[Work request] Of the entries that follow, how many lines hold the word "added"? Reply with the number only.

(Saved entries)
= = = =
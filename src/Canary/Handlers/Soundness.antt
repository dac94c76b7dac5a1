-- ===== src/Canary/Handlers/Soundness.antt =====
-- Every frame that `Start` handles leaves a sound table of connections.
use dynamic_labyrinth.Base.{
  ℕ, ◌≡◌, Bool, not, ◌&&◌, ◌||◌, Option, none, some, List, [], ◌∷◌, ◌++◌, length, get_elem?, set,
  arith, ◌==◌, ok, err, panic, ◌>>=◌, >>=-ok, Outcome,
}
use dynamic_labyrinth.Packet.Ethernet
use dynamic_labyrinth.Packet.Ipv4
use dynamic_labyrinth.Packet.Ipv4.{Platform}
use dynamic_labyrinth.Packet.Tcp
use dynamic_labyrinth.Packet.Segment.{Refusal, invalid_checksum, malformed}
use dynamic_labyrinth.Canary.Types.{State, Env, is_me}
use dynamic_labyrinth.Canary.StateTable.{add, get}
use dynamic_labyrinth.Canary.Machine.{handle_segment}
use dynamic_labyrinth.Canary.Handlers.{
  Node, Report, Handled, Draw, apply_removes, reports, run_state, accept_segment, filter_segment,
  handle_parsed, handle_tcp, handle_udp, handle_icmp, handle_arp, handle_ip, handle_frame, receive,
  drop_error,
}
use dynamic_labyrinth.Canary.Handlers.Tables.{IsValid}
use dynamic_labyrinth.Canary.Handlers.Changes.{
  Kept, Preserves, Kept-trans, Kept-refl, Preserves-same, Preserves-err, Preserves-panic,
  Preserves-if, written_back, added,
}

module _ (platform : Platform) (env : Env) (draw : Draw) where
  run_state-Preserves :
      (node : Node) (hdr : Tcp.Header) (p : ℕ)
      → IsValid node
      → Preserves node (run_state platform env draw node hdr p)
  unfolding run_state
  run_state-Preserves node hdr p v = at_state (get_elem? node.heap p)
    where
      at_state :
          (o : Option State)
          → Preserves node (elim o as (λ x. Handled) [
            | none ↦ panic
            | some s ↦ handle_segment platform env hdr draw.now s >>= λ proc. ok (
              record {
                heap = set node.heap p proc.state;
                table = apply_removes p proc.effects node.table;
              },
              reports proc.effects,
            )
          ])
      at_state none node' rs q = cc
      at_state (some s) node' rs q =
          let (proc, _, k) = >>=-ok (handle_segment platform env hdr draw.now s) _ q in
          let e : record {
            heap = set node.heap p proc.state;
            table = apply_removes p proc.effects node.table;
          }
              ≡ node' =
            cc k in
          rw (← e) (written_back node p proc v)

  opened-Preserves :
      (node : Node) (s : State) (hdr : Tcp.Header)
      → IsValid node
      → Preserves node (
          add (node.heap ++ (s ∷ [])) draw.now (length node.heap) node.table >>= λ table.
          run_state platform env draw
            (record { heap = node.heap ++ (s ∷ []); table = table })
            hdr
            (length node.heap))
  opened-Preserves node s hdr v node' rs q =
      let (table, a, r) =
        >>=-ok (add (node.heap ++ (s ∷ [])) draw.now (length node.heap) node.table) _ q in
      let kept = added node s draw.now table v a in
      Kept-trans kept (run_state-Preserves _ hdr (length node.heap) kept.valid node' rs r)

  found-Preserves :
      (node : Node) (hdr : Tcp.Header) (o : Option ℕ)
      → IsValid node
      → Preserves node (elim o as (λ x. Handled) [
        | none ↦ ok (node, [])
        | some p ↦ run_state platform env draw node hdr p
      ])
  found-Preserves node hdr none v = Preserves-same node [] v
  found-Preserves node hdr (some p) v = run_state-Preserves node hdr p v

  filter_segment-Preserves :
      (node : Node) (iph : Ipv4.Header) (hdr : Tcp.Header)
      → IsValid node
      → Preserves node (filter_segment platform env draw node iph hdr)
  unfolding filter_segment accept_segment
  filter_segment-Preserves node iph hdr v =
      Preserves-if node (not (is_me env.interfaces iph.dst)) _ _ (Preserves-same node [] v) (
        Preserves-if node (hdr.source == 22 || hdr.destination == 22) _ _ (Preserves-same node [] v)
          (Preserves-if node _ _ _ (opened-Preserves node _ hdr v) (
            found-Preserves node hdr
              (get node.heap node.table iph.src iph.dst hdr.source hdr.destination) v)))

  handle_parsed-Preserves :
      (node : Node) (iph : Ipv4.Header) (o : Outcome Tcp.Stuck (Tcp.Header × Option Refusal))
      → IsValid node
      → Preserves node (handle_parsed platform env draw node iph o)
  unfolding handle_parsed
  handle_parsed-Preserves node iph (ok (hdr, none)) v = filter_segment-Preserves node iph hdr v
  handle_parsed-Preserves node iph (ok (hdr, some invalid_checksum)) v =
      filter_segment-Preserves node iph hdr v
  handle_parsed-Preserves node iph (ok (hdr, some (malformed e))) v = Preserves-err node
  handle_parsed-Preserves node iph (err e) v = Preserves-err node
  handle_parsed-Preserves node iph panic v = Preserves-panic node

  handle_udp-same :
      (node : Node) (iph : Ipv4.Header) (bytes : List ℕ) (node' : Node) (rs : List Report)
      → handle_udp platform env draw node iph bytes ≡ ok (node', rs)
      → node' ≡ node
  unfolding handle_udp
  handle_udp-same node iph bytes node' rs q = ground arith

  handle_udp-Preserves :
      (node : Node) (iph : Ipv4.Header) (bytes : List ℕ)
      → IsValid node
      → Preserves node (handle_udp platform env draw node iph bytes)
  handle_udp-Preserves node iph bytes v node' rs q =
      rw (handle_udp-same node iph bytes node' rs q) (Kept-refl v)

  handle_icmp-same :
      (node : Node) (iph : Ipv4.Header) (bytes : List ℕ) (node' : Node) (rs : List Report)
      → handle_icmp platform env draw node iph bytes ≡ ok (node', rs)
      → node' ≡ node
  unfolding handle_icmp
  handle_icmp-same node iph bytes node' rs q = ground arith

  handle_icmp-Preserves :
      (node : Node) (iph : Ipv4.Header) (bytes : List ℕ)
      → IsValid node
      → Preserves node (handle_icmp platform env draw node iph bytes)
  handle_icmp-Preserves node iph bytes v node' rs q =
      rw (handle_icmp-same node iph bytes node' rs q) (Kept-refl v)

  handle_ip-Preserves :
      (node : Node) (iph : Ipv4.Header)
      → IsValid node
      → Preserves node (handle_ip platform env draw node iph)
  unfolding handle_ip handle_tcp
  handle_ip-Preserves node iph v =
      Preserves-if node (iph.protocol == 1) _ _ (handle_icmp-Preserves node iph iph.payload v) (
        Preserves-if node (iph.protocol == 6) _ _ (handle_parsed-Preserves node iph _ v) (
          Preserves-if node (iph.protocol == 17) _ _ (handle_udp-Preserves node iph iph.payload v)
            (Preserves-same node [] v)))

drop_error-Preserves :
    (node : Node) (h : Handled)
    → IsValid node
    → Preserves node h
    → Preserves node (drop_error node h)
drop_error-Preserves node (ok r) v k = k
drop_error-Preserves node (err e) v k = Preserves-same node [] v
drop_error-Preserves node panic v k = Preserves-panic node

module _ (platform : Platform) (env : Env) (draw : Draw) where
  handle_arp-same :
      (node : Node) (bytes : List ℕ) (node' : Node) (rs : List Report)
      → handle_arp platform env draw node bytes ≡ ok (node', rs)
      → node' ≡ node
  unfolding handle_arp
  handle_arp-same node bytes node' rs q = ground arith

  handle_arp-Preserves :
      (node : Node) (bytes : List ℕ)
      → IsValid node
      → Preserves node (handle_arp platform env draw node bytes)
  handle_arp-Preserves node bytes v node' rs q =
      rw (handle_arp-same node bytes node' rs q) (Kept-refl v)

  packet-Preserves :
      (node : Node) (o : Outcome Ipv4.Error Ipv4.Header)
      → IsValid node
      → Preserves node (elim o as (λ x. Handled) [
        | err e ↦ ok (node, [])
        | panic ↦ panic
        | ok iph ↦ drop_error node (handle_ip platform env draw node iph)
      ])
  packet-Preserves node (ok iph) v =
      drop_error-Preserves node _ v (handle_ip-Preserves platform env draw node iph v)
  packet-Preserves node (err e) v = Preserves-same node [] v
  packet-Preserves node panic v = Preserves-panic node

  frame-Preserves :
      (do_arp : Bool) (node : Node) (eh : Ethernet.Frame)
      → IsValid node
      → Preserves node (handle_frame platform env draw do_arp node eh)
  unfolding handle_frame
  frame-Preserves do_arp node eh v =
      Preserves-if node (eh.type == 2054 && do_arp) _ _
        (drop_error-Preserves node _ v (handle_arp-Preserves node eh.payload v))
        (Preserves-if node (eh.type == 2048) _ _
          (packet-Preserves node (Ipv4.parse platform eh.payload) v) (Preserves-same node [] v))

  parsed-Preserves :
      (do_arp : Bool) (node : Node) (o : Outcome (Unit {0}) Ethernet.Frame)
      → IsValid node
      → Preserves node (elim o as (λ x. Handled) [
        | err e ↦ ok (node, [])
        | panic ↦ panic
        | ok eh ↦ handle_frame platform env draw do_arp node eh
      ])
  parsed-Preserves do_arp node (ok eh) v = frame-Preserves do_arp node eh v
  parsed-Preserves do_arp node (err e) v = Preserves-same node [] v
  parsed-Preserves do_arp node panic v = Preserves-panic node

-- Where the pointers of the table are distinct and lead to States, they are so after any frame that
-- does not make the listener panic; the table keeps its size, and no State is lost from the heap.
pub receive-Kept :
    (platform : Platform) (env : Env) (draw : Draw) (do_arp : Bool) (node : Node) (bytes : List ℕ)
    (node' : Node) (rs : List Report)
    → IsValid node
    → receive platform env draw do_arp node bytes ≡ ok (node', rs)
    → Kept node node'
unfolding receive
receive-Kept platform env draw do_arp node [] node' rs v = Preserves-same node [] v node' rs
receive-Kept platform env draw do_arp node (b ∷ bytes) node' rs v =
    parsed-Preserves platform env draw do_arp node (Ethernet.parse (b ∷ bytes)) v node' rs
= = = =
[Response below] 2